Ты любишь ли эту погоду,
когда моросит, моросит…

В. Соколов

Люблю я такую немилость
небес, оставляющих след…
В дождливую пасмурь и сырость
так сладко закутаться в плед

и чувствовать без опасенья,
как будто из тайных бойниц,
поэзию улиц осенних,
зелёных от холода лиц…

Иль даже навстречу природе
брести, одурев от даров
продутых насквозь подворотен,
промозглых и серых дворов…

Не любит никто дождепада,
хотят загорать неглиже.
А я, достоевщины чадо,
дитя подземелья в душе.

Меня не поймут солнцеманы,
а я так люблю эти дни…
Ведь сумерки, сны и туманы
поэзии чем-то сродни, –

фантазиям, грёзам, подушкам,
промокшим ночами от слёз...
Развешивать сны на просушку
училась почти я всерьёз.

Печаль моя с неба струилась,
фонарь через сито светил.
И я тебе просто приснилась, 
и ты только в сны приходил...

 

***

Холодно под жаркой простынёю,
мокрая подушка горяча.
Как я замерзаю быть одною,
не уснуть без твоего плеча.

Как душа заброшенная стынет,
до поры залёгшая на дно.
А тебе-то там, в твоих пустынях,
как тебе должно быть ледяно.

Ты не дышишь, но всё видишь-слышишь,
говоришь со мною до зари.
Занавеску ветерок колышит... 
Скажет ли мне кто-то: отомри.

 

***

Оставьте меня, злоба дня, потрясения, войны,
пожары, сенсации, прения и поединки.
Оставьте мне то, отчего так тепло и покойно –
души моей сон и его дорогие картинки.

Останьтесь со мной только самые близкие люди,
и те, что вблизи, и вдали – ведь границы так зыбки.
А вы, остальные, воюйте, воруйте и плюйте,
моё дорогое покоится в сердце как в зыбке...

Не страшен мне больше террариум шушер и бестий,
меня не достигнут его ядовитые стрелы.
Оставьте меня – я на самом волнующем месте,
я фильм своей жизни пока ещё не досмотрела…

 

***

Наступает косматая осень...
Проступает сквозь сумерки лет
Безымянная улица восемь,
где живёт безымянный поэт.

Я пишу обо всём без кавычек,
всему свету себя разнеся.
Ты в числе моих вредных привычек,
от которых отвыкнуть нельзя.

Мир наполнен словами моими,
я понятна любому ежу.
Но храню твоё тайное имя
и под пыткой его не скажу.

 

***

Пришелец из далёких снов,
как сказка или песнь.
Ты мой зазноб или озноб,
высокая болезнь.

Сияешь мне в ночи любой –
как камень в сто карат.
Скоропостижная любовь,
летальный аппарат.

Ну что с того, что всё не так?
Зачем я так?

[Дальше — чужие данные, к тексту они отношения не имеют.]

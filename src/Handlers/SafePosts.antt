-- ===== src/Handlers/SafePosts.antt =====
-- What a response of the takedown and restore handlers says of the database.
use waterloo_star_backend.Common.{
  ℕ, ◌≡◌, refl, inl, inr, Bool, true, false, ◌&&◌, Option, none, some, ◌==◌, ltb, if◌then◌else◌,
  Bool-cases, length, is_none,
}
use Prim.Native.String.{String}
use waterloo_star_backend.Common.Text.{Text}
use waterloo_star_backend.Store.Rows.{User, Post, Error, no_rows, already_removed, not_removed}
use waterloo_star_backend.Store.Conn.{Conn, Result, ok, err, M, ◌>>=◌, pure, throw}
use waterloo_star_backend.Handlers.Replies.{
  Response, shown, Principal, require_admin, attempt, Outcome, refusal_of, zero_body,
}
use waterloo_star_backend.Handlers.AdminAccounts.{min_reason_length}
use waterloo_star_backend.Handlers.AdminPosts.{
  post_action, post_error, post_refusal, post_handler, trimmed_or_empty,
}
use waterloo_star_backend.Handlers.Reads.{Reads}
use waterloo_star_backend.Handlers.Safe.{OneRow, OneRow-read, Acts, IsSafe, admit-IsSafe}

module _ (asked : Option Principal) (p : Principal) (admitted : require_admin asked ≡ some p)
    (c : Conn) (show : M (Post × User)) (reads : Reads show) where
  abbrev responded : M Outcome → M (Response (Post × User))
  responded m = do
    o ← m
    if o.status == 200 then (do out ← show; pure (shown out)) else pure (refusal_of o)

  abbrev after_post : String → Result (Unit {0}) → M Outcome
  after_post kind (ok _) = pure (post_error 200 zero_body)
  after_post kind (err e) = elim (post_refusal kind e) [ none ↦ throw e | some o ↦ pure o ]

  refused_post-IsSafe :
      (kind : String) (e : Error) (d : Conn)
      → d.db ≡ c.db
      → IsSafe asked c (responded (after_post kind (err e)) d)
  unfolding post_refusal ◌>>=◌ pure throw
  refused_post-IsSafe kind no_rows d same = (p, admitted, same)
  refused_post-IsSafe kind already_removed d same = (p, admitted, same)
  refused_post-IsSafe kind not_removed d same = (p, admitted, same)
  refused_post-IsSafe kind Error.database d same = inl same
  refused_post-IsSafe kind Error.unique_violation d same = inl same
  refused_post-IsSafe kind Error.outside d same = inl same
  refused_post-IsSafe kind Error.reason_required d same = inl same
  refused_post-IsSafe kind Error.self_action d same = inl same
  refused_post-IsSafe kind Error.last_admin d same = inl same
  refused_post-IsSafe kind Error.role_unchanged d same = inl same
  refused_post-IsSafe kind Error.already_suspended d same = inl same
  refused_post-IsSafe kind Error.not_suspended d same = inl same
  refused_post-IsSafe kind Error.already_verified d same = inl same
  refused_post-IsSafe kind Error.no_takedown d same = inl same

  shown-IsSafe :
      (kind : String) (d : Conn)
      → OneRow p c d
      → IsSafe asked c (responded (after_post kind (ok tt)) d)
  unfolding ◌>>=◌ pure
  shown-IsSafe kind d done = go (show d) (reads.keeps d)
    where
      go :
          (r : Result (Post × User) × Conn)
          → r.1.db ≡ d.db
          → IsSafe asked c (◌>>=◌ (λ _. r) (λ out. pure (shown out)) d)
      go (ok out, e) same = (p, admitted, OneRow-read p c d e same done)
      go (err x, e) same = inr (p, admitted, OneRow-read p c d e same done)

  acted_post-IsSafe :
      (kind : String) (m : M (Unit {0}))
      → Acts p c (m c)
      → IsSafe asked c (responded (do r ← attempt m; after_post kind r) c)
  unfolding ◌>>=◌ attempt
  acted_post-IsSafe kind m h = go (m c) h
    where
      go :
          (r : Result (Unit {0}) × Conn)
          → Acts p c r
          → IsSafe asked c (responded (after_post kind r.0) r.1)
      go (ok _, d) done = shown-IsSafe kind d done
      go (err e, d) same = refused_post-IsSafe kind e d same

  -- An outcome that is not 200, before the action.
  early-IsSafe :
      (o : Outcome)
      → (o.status == 400) ≡ true
      → (o.status == 200) ≡ false
      → IsSafe asked c (responded (pure o) c)
  unfolding ◌>>=◌ pure
  early-IsSafe o bad never = rw (never, bad) (p, admitted, refl)

  post_action-IsSafe :
      (kind : String) (reason : Option Text) (required : Bool) (act : Text → M (Unit {0}))
      → ((text : Text) → Acts p c (act text c))
      → IsSafe asked c (responded (post_action kind reason required act) c)
  unfolding post_action
  post_action-IsSafe kind reason required act h =
      let n = length (trimmed_or_empty reason) in
      elim (Bool-cases (required && is_none reason)) [
        | inl missing ↦ rw missing (early-IsSafe _ refl refl)
        | inr given ↦ elim (Bool-cases (required && ltb n min_reason_length)) [
          | inl short ↦ rw (given, short) (early-IsSafe _ refl refl)
          | inr enough ↦ elim (Bool-cases (ltb 1000 n)) [
            | inl long ↦ rw (given, enough, long) (early-IsSafe _ refl refl)
            | inr fits ↦
                rw (given, enough, fits)
                  (acted_post-IsSafe kind (act (trimmed_or_empty reason))
                    (h (trimmed_or_empty reason)))
          ]
        ]
      ]

pub post_handler-IsSafe :
    (kind : String) (asked : Option Principal) (reason : Option Text) (required : Bool)
    (act : ℕ → Text → M (Unit {0})) (show : M (Post × User))
    → Reads show
    → (c : Conn) → ((p : Principal) (text : Text) → Acts p c (act p.user_id text c))
    → IsSafe asked c (post_handler kind asked reason required act show c)
unfolding post_handler
post_handler-IsSafe kind asked reason required act show reads c h =
    admit-IsSafe asked _ c (λ p admitted.
      post_action-IsSafe asked p admitted c show reads kind reason required (act p.user_id) (h p))
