-- ===== src/Handlers/Requests.antt =====
-- The eight admin requests that change something.
use waterloo_star_backend.Common.{ℕ, Option}
use waterloo_star_backend.Common.Text.{Text}
use waterloo_star_backend.Store.Rows.{User, Post}
use waterloo_star_backend.Store.Conn.{Conn, M, TxRunner}
use waterloo_star_backend.Handlers.Replies.{Response, Principal}
use waterloo_star_backend.Handlers.AdminAccounts.{
  suspend_admin_user, reinstate_admin_user, verify_admin_user, RoleChangeBody, set_admin_user_role,
}
use waterloo_star_backend.Handlers.AdminPosts.{
  remove_admin_listing, restore_admin_listing, remove_admin_request, restore_admin_request,
}

-- A change request to the admin surface: its parameters, and its body if there is one.
pub data AdminRequest : Type 0 where
  suspend_request reinstate_request verify_request : ℕ → Option Text → AdminRequest
  role_request : ℕ → Option RoleChangeBody → AdminRequest
  remove_listing_request restore_listing_request : ℕ → Option Text → AdminRequest
  remove_request_request restore_request_request : ℕ → Option Text → AdminRequest

-- What a handler shows with 200: an account, or a post with its owner.
abbrev pub Shown : AdminRequest → Type 0
Shown (suspend_request id body) = User
Shown (reinstate_request id body) = User
Shown (verify_request id body) = User
Shown (role_request id body) = User
Shown _ = Post × User

-- The handler that the generated router calls.
unfoldable pub handle : TxRunner → Option Principal → (r : AdminRequest) → M (Response (Shown r))
handle tx asked (suspend_request id body) = suspend_admin_user tx asked id body
handle tx asked (reinstate_request id body) = reinstate_admin_user tx asked id body
handle tx asked (verify_request id body) = verify_admin_user tx asked id body
handle tx asked (role_request id body) = set_admin_user_role tx asked id body
handle tx asked (remove_listing_request id body) = remove_admin_listing tx asked id body
handle tx asked (restore_listing_request id body) = restore_admin_listing tx asked id body
handle tx asked (remove_request_request id body) = remove_admin_request tx asked id body
handle tx asked (restore_request_request id body) = restore_admin_request tx asked id body
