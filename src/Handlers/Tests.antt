-- ===== src/Handlers/Tests.antt =====
-- Requests to the admin surface, on the small site of Admin/Tests.antt.
use waterloo_star_backend.Common.{true, false, Option, some, [], ◌∷◌}
use waterloo_star_backend.Common.Text.{Text}
use waterloo_star_backend.Store.Rows.{Role}
use waterloo_star_backend.Store.Conn.{Conn}
use waterloo_star_backend.Handlers.Replies.{Principal}
use waterloo_star_backend.Handlers.Requests.{AdminRequest}
use waterloo_star_backend.Admin.Tests.{conn}

abbrev ann : Option Principal
ann = some (record { user_id = 1; role = Role.admin })

-- "spam spam spam"
abbrev long_reason : Text
long_reason = 115 ∷ 112 ∷ 97 ∷ 109 ∷ 32 ∷ 115 ∷ 112 ∷ 97 ∷ 109 ∷ 32 ∷ 115 ∷ 112 ∷ 97 ∷ 109 ∷ []

-- Ann takes listing 7 down, and the first statement of the read back fails.
abbrev takedown : AdminRequest
takedown = AdminRequest.remove_listing_request 7 (some long_reason)

abbrev shaky : Conn
shaky = conn (false ∷ false ∷ false ∷ true ∷ [])
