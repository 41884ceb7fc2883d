-- ===== src/Listing.antt =====
-- A listing and its edits: internal/httpapi/listings_validate.go and listings_write.go.
pub mod Rows
pub mod Validate
pub mod Update
pub mod Merge
pub mod Status
pub mod Lifecycle
pub mod Moves
pub mod Calls
mod Tests
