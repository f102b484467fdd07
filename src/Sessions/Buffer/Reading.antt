-- ===== src/Sessions/Buffer/Reading.antt =====
-- server/src/sessions/buffer.rs: what a reader of the buffer sees of the history.
use sctl.Prelude.{
  ℕ, suc, ◌+◌, ◌-◌, ◌≤◌, ◌<◌, ◌^◌, max, ◌≡◌, refl, sym, ap, ◌∙◌, false, List, [], ◌∷◌, ◌++◌, none,
  some, subst, arith, ltb, length, drop, filter, front, back, length-append, length-drop,
  drop-append, drop_all,
}
use sctl.Prelude.Ring.{capacity, Numbered, Numbered-drop, filter-drop-Numbered, drop_eq}
use sctl.Sessions.Entry.{OutputEntry}
use sctl.Sessions.Buffer.{OutputBuffer, new, read_since, has_entries_since, oldest_available}
use sctl.Sessions.Buffer.History.{
  Pushed, push_all, numbered, Holds, push_all-Holds, length-numbered, numbered-append,
  push_all-append,
}

-- The first number that a cut of the history still has.
oldest-Numbered :
    (n next : ℕ) (es : List OutputEntry)
    → Numbered (λ e. e.seq) n es
    → n + length es ≡ next
    → elim (front es) [ none ↦ next | some e ↦ e.seq ] ≡ n
oldest-Numbered n next [] h e = omega arith
oldest-Numbered n next (x ∷ xs) h e = h.0

back_of_empty :
    (es : List OutputEntry) (since : ℕ)
    → length es ≡ 0
    → elim (back es) [ none ↦ false | some e ↦ ltb since e.seq ] ≡ false
back_of_empty [] since e = refl
back_of_empty (x ∷ xs) since e = absurd (omega arith)

module _ (m : ℕ) (b : OutputBuffer) (h : List OutputEntry) (v : Holds m b h) where
  abbrev lost : ℕ
  lost = length h - capacity m

  kept-Numbered : Numbered (λ e. e.seq) (suc lost) b.entries
  kept-Numbered =
      let e : lost + 1 ≡ suc lost = omega arith in
      subst (Numbered (λ e. e.seq) (suc lost)) (sym v.kept) (
        subst (λ n. Numbered (λ e. e.seq) n (drop lost h)) e
          (Numbered-drop (λ e. e.seq) lost 1 h v.seqs))

  length-kept : length b.entries ≡ length h - lost
  length-kept = ap length v.kept ∙ length-drop lost h

  oldest_available_lem : oldest_available b ≡ suc lost
  unfolding oldest_available
  oldest_available_lem =
      oldest-Numbered (suc lost) b.next_seq b.entries kept-Numbered
        (omega (arith, v.next, length-kept))

  read_since-entries : (since : ℕ) → (read_since b since).0 ≡ drop (max since lost) h
  unfolding read_since
  read_since-entries since =
      ap (filter (λ e. ltb since e.seq)) v.kept
      ∙ filter-drop-Numbered (λ e. e.seq) since lost h v.seqs

  read_since-dropped : (since : ℕ) → suc (length h) < 2 ^ 64 → (read_since b since).1 ≡ lost - since
  unfolding read_since
  read_since-dropped since fits = ground (arith, oldest_available_lem)

  back-Numbered :
      (n : ℕ) (es : List OutputEntry) (since : ℕ)
      → Numbered (λ e. e.seq) (suc n) es
      → 0 < length es
      → elim (back es) [ none ↦ false | some e ↦ ltb since e.seq ] ≡ ltb since (n + length es)
  back-Numbered n [] since h l = absurd (omega arith)
  back-Numbered n (x ∷ []) since h l =
      let e : x.seq ≡ n + 1 = omega (arith, h.0) in ap (ltb since) e
  back-Numbered n (x ∷ y ∷ es) since h l =
      let e : suc n + length (y ∷ es) ≡ n + length (x ∷ y ∷ es) = omega arith in
      back-Numbered (suc n) (y ∷ es) since h.1 (omega arith) ∙ ap (ltb since) e

  has_entries_since-Holds : (since : ℕ) → has_entries_since b since ≡ ltb since (length h)
  unfolding has_entries_since
  has_entries_since-Holds since = ground (
    arith,
    length-kept,
    back-Numbered lost b.entries since kept-Numbered,
    back_of_empty b.entries since,
  )

-- After any pushes into a new buffer of size `m` (fewer than 2^64 - 1 of them), a read from
-- `since` returns exactly the entries numbered above `since` that the buffer can still hold, in
-- order and with their numbers, and reports as dropped exactly the number of those above `since`
-- that it no longer holds.
pub read_since-push_all :
    (m : ℕ) (ps : List Pushed) (since : ℕ)
    → suc (length ps) < 2 ^ 64
    → read_since (push_all (new m) ps) since ≡ (
      drop (max since (length ps - capacity m)) (numbered 1 ps),
      (length ps - capacity m) - since,
    )
read_since-push_all m ps since fits =
    let v = push_all-Holds m ps fits in
    let n = length-numbered 1 ps in
    ground (
      arith,
      n,
      read_since-entries m (push_all (new m) ps) (numbered 1 ps) v since,
      read_since-dropped m (push_all (new m) ps) (numbered 1 ps) v since,
    )

-- Nothing is lost in silence: for a reader at `since`, no further than what was pushed, the number
-- of entries that it gets and the number reported as dropped add up to all that came after `since`.
pub read_since_accounts :
    (m : ℕ) (ps : List Pushed) (since : ℕ)
    → suc (length ps) < 2 ^ 64
    → since ≤ length ps
    → let (out, dropped) = read_since (push_all (new m) ps) since in
      since + dropped + length out ≡ length ps
read_since_accounts m ps since fits h = rw (read_since-push_all m ps since fits) (
    omega (
      arith,
      length-drop (max since (length ps - capacity m)) (numbered 1 ps),
      length-numbered 1 ps,
    ))

-- A reader that has seen the first `ps` and comes back after at most a bufferful more, `qs`,
-- gets exactly those, in order, and is told that nothing was dropped.
pub read_since_resumes :
    (m : ℕ) (ps qs : List Pushed)
    → suc (length ps + length qs) < 2 ^ 64
    → length qs ≤ capacity m
    → read_since (push_all (push_all (new m) ps) qs) (length ps)
      ≡ (numbered (suc (length ps)) qs, 0)
read_since_resumes m ps qs fits h =
    let n = length-append ps qs in
    let seen : drop (length ps) (numbered 1 (ps ++ qs)) ≡ numbered (suc (length ps)) qs =
      ap (drop (length ps)) (numbered-append 1 ps qs)
      ∙ drop-append (length ps) (numbered 1 ps) (numbered (1 + length ps) qs)
          (omega (arith, length-numbered 1 ps))
      ∙ ap (λ xs. xs ++ numbered (1 + length ps) qs)
          (drop_all (length ps) (numbered 1 ps) (omega (arith, length-numbered 1 ps)))
      ∙ ap (λ k. numbered k qs) (omega arith) in
    rw (← push_all-append (new m) ps qs) (
      ground (
        arith,
        n,
        seen,
        read_since-push_all m (ps ++ qs) (length ps),
        drop_eq (max (length ps) (length (ps ++ qs) - capacity m)) (length ps)
            (numbered 1 (ps ++ qs)),
      ))

-- `has_entries_since` says whether anything was pushed after `since`.
pub has_entries_since-push_all :
    (m : ℕ) (ps : List Pushed) (since : ℕ)
    → suc (length ps) < 2 ^ 64
    → has_entries_since (push_all (new m) ps) since ≡ ltb since (length ps)
has_entries_since-push_all m ps since fits =
    let v = push_all-Holds m ps fits in
    has_entries_since-Holds m (push_all (new m) ps) (numbered 1 ps) v since
    ∙ ap (ltb since) (length-numbered 1 ps)
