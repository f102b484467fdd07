-- ===== src/Sessions/Buffer/Tests.antt =====
-- server/src/sessions/buffer.rs: runs of the buffer, and instances of its laws.
use sctl.Prelude.{◌≡◌, refl, List, [], ◌∷◌, some, arith}
use sctl.Sessions.Entry.{stdout, stderr, system, OutputEntry, from_output_entry}
use sctl.Sessions.Buffer.{new, set_journal, push, read_since, oldest_available}
use sctl.Sessions.Buffer.History.{Pushed, push_all}
use sctl.Sessions.Buffer.Reading.{read_since-push_all}

abbrev hello : Pushed
hello = record { stream = stdout; payload = "hello"; now = 10 }

abbrev oops : Pushed
oops = record { stream = stderr; payload = "oops"; now = 20 }

abbrev bye : Pushed
bye = record { stream = system; payload = "bye"; now = 30 }

abbrev three : List Pushed
three = hello ∷ oops ∷ bye ∷ []

abbrev bye_entry : OutputEntry
bye_entry = record { seq = 3; stream = system; payload = "bye"; timestamp_ms = 30 }

abbrev oops_entry : OutputEntry
oops_entry = record { seq = 2; stream = stderr; payload = "oops"; timestamp_ms = 20 }

reads_two_of_three : read_since (push_all (new 2) three) 0 ≡ (oops_entry ∷ bye_entry ∷ [], 1)
unfolding read_since push new oldest_available
reads_two_of_three = refl

-- A buffer of size 0 holds one entry.
size_zero_keeps_one : read_since (push_all (new 0) three) 0 ≡ (bye_entry ∷ [], 2)
unfolding read_since push new oldest_available
size_zero_keeps_one = refl

journals_entry :
    (push (set_journal (new 2)) stderr "oops" 20).1
    ≡ some (record { s = 1; t = b'e'; d = "oops"; ts = 20 })
unfolding push set_journal new from_output_entry
journals_entry = refl

read_since-push_all_example :
    read_since (push_all (new 2) three) 0 ≡ (oops_entry ∷ bye_entry ∷ [], 1)
read_since-push_all_example = read_since-push_all 2 three 0 (omega arith)
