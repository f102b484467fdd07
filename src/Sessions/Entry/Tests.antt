-- ===== src/Sessions/Entry/Tests.antt =====
-- server/src/sessions/journal.rs: an entry that goes to the journal and back.
use sctl.Prelude.{◌≡◌, refl}
use sctl.Sessions.Entry.{
  stdout, stderr, system, OutputEntry, as_str, from_output_entry, to_output_entry, char_stream,
}

abbrev line : OutputEntry
line = record { seq = 7; stream = stderr; payload = "no such file"; timestamp_ms = 1000 }

stream_names : (as_str stdout ≡ "stdout") × (as_str stderr ≡ "stderr") × (as_str system ≡ "system")
unfolding as_str
stream_names = (refl, refl, refl)

-- An unknown letter is read as the system's stream.
unknown_letter : (to_output_entry (record (from_output_entry line) { t = b'?' })).stream ≡ system
unfolding to_output_entry from_output_entry char_stream
unknown_letter = refl
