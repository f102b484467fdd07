-- ===== src/Sessions/Journal.antt =====
-- server/src/sessions/journal.rs: what is read back from a journal file. The parsers of serde_json
-- are parameters; the lines are those that could be read. An exit code is the bit pattern of an
-- `i32`.
pub mod Written
use sctl.Prelude.{
  ℕ, ◌-◌, ◌^◌, ◌%◌, Bool, true, false, ◌⊎◌, inl, inr, List, [], ◌∷◌, ◌++◌, Option, none, some,
  String, codes, str_eq, ◌==◌, leb, if◌then◌else◌, starts_with, drop, length, trim, digits_from,
  parse_unsigned,
}
use sctl.Prelude.Map.{map_option}
use sctl.Sessions.Entry.{OutputEntry, JournalEntry, to_output_entry}

pub record SessionMetadata : Type 0 where
  pub v : ℕ
  pub pid : ℕ
  pub shell : String
  pub working_dir : String
  pub persistent : Bool
  pub pty : Bool
  pub created : ℕ

pub record ArchivedSession : Type 0 where
  pub session_id : String
  pub metadata : SessionMetadata
  pub entries : List OutputEntry
  pub exit_code : Option ℕ

-- `strip_prefix`
abbrev pub strip_prefix : List ℕ → List ℕ → Option (List ℕ)
strip_prefix p s = if starts_with p s then some (drop (length p) s) else none

-- `parse()` of an `i32`: a minus sign or a number below 2^31.
abbrev pub negated : Option ℕ → Option ℕ
negated none = none
negated (some n) = if leb n (2 ^ 31) then some ((2 ^ 32 - n) % 2 ^ 32) else none

unfoldable pub parse_i32 : List ℕ → Option ℕ
parse_i32 [] = none
parse_i32 (c ∷ []) = if c == b'-' then none else parse_unsigned (2 ^ 31) (c ∷ [])
parse_i32 (c ∷ d ∷ s) =
    if c == b'-'
    then negated (digits_from (2 ^ 32) 0 (d ∷ s))
    else parse_unsigned (2 ^ 31) (c ∷ d ∷ s)

abbrev pub exit_prefix : List ℕ
exit_prefix = codes "Process exited with code "

abbrev pub trimmed_i32 : Option (List ℕ) → Option ℕ
trimmed_i32 none = none
trimmed_i32 (some s) = parse_i32 (trim s)

unfoldable pub parse_exit_code : String → Option ℕ
unfolding parse_i32
parse_exit_code msg = trimmed_i32 (strip_prefix exit_prefix (codes msg))

-- The entries and the exit code so far.
abbrev pub Read : Type 0
Read = List OutputEntry × Option ℕ

abbrev pub or_before : Option ℕ → Option ℕ → Option ℕ
or_before none before = before
or_before (some code) before = some code

-- Only a system message gives an exit code.
unfoldable pub code_after : JournalEntry → Option ℕ → Option ℕ
unfolding parse_exit_code
code_after je before = if je.t == b'x' then or_before (parse_exit_code je.d) before else before

module _ (parse_entry : String → Option JournalEntry)
    (parse_metadata : String → Option SessionMetadata) where
  -- A line that cannot be parsed is skipped.
  abbrev pub read_entry : Option JournalEntry → Read → Read
  read_entry none r = r
  read_entry (some je) r = (r.0 ++ (to_output_entry je ∷ []), code_after je r.1)

  abbrev pub read_line : String → Read → Read
  read_line line r = if str_eq line "" then r else read_entry (parse_entry line) r

  unfoldable pub read_lines : List String → Read → Read
  unfolding code_after
  read_lines [] r = r
  read_lines (line ∷ lines) r = read_lines lines (read_line line r)

  abbrev pub archive : String → Read → SessionMetadata → ArchivedSession
  archive session_id r metadata = record {
    session_id = session_id;
    metadata = metadata;
    entries = r.0;
    exit_code = r.1;
  }

  -- `None` for an empty file and for metadata that cannot be parsed.
  unfoldable pub recover_single_journal : String → List String → Option ArchivedSession
  unfolding read_lines
  recover_single_journal session_id [] = none
  recover_single_journal session_id (meta ∷ lines) =
      map_option (archive session_id (read_lines lines ([], none))) (parse_metadata meta)

  -- Every file with the extension, by its stem; one that cannot be read is skipped.
  abbrev pub and_then : Option ArchivedSession → List ArchivedSession → List ArchivedSession
  and_then none rest = rest
  and_then (some a) rest = a ∷ rest

  unfoldable pub recover_sessions : List (String × List String) → List ArchivedSession
  unfolding recover_single_journal
  recover_sessions [] = []
  recover_sessions ((id, lines) ∷ files) =
      and_then (recover_single_journal id lines) (recover_sessions files)
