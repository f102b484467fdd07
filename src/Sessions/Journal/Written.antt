-- ===== src/Sessions/Journal/Written.antt =====
-- server/src/sessions/journal.rs: what is read back from a journal that was written in full.
use sctl.Prelude.{
  All, false, str_eq, ℕ, ◌≡◌, refl, sym, ap, ◌∙◌, false, List, [], ◌∷◌, ◌++◌, map, Option, none,
  some, String, str_eq, append_assoc, append-nil,
}
use sctl.Sessions.Entry.{
  OutputStream, stdout, stderr, system, OutputEntry, JournalEntry, from_output_entry, stream_char,
  to_output_entry-from_output_entry,
}
use sctl.Sessions.Journal.{
  archive, SessionMetadata, parse_exit_code, or_before, code_after, Read, read_line, read_lines,
  recover_single_journal,
}

-- The exit code that an entry tells.
abbrev pub exit_of : OutputStream → String → Option ℕ
exit_of stdout text = none
exit_of stderr text = none
exit_of system text = parse_exit_code text

-- That of the last entry that tells one.
abbrev pub last_exit : List OutputEntry → Option ℕ
last_exit [] = none
last_exit (e ∷ es) = or_before (last_exit es) (exit_of e.stream e.payload)

or_before-none : (a : Option ℕ) → or_before a none ≡ a
or_before-none none = refl
or_before-none (some x) = refl

or_before_assoc : (a b c : Option ℕ) → or_before a (or_before b c) ≡ or_before (or_before a b) c
or_before_assoc none b c = refl
or_before_assoc (some x) b c = refl

code_after-from :
    (stream : OutputStream) (e : OutputEntry) (c : Option ℕ)
    → code_after (from_output_entry (record e { stream = stream })) c
      ≡ or_before (exit_of stream e.payload) c
unfolding code_after from_output_entry stream_char
code_after-from stdout e c = refl
code_after-from stderr e c = refl
code_after-from system e c = refl

module _ (parse_entry : String → Option JournalEntry)
    (parse_metadata : String → Option SessionMetadata) (print_entry : JournalEntry → String)
    (print_metadata : SessionMetadata → String) where
  abbrev pub written : List OutputEntry → List String
  written es = map (λ e. print_entry (from_output_entry e)) es

  -- The line of the entry is not empty and is read as what was printed.
  abbrev pub Readable : OutputEntry → Type 0
  Readable e =
      (str_eq (print_entry (from_output_entry e)) "" ≡ false)
      × (parse_entry (print_entry (from_output_entry e)) ≡ some (from_output_entry e))

  read_line-written :
      (e : OutputEntry) (r : Read)
      → Readable e
      → read_line parse_entry parse_metadata (print_entry (from_output_entry e)) r
        ≡ (r.0 ++ (e ∷ []), or_before (exit_of e.stream e.payload) r.1)
  read_line-written e r (filled, parses) = rw filled (
      rw parses (λ i.
        (r.0 ++ (to_output_entry-from_output_entry e i ∷ []), code_after-from e.stream e r.1 i)))

  read_lines-written :
      (es : List OutputEntry) (r : Read)
      → All Readable es
      → read_lines parse_entry parse_metadata (written es) r
        ≡ (r.0 ++ es, or_before (last_exit es) r.1)
  unfolding read_lines
  read_lines-written [] r h = λ i. (sym (append-nil r.0) i, r.1)
  read_lines-written (e ∷ es) r (h, hs) =
      ap (read_lines parse_entry parse_metadata (written es)) (read_line-written e r h)
      ∙ read_lines-written es (r.0 ++ (e ∷ []), or_before (exit_of e.stream e.payload) r.1) hs
      ∙ (λ i. (
        append_assoc r.0 (e ∷ []) es i,
        or_before_assoc (last_exit es) (exit_of e.stream e.payload) r.1 i,
      ))

  -- A journal whose lines were all written is read back with the same entries, and with the exit
  -- code of the last entry that tells one, if the JSON parsers read what was printed and no line is
  -- empty.
  pub recover-written :
      (id : String) (m : SessionMetadata) (es : List OutputEntry)
      → parse_metadata (print_metadata m) ≡ some m
      → All Readable es
      → recover_single_journal parse_entry parse_metadata id (print_metadata m ∷ written es)
        ≡ some (record { session_id = id; metadata = m; entries = es; exit_code = last_exit es })
  unfolding recover_single_journal
  recover-written id m es meta hs = rw meta (λ i. some (
      archive parse_entry parse_metadata id
        ((read_lines-written es ([], none) hs ∙ (λ j. (es, or_before-none (last_exit es) j))) i) m))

Бог весть…
Но я сияю как пятак 
от счастья, что ты есть.

 

***

Спасибо за эти живые посланья,
за свет неулыбчивых глаз.
Я знаю теперь, где сидишь на диване,
где кофе пьёшь, – жизнь удалась!

Как едешь в автобусе, как возле двери
её открываешь ключом.
И все предстоящие беды, потери
теперь мне уже нипочём.

Без этих посланий я тут же зачахну
иль жизнь не туда зарулю.
Чем больше тебя узнаю в мелочах я,
тем больше – крупнее – люблю.

 

***

Ты столько раз мне говорил «спасибо»,
что я из них могла бы шубу сшить
и в ней бы даже выглядеть красиво
(а может быть, напротив, рассмешить).

Я б эту шубу тёплую носила
и грелась бы в ночные холода…
Чтобы услышать новое «спасибо»,
не жаль мне вдохновенного труда.

И, вопреки расхожей поговорке,
я положу его себе в карман.
Твоё «спасибо» слаще хлебной корки,
когда смертельный голод по словам.

 

***

Кто мне выпадет – туз иль валет?
Дом казённый иль прочая гадость?
Выпал дождь и простёртая вслед
семицветная радуги радость.

Что мне выпадет – слёзы из век
и разлука пиковою дамой?
Выпал ты как на голову снег
так внезапно, светло и нежданно.

Я жила предсказаньям назло,
не боясь никакого расклада.
В картах мне никогда не везло –
но вот звёзды ложились как надо.

 

***

Ты мой свет в конце недели,
в веренице долгих дней.
Ты мой свет в конце туннеля,
не погасни, не тускней.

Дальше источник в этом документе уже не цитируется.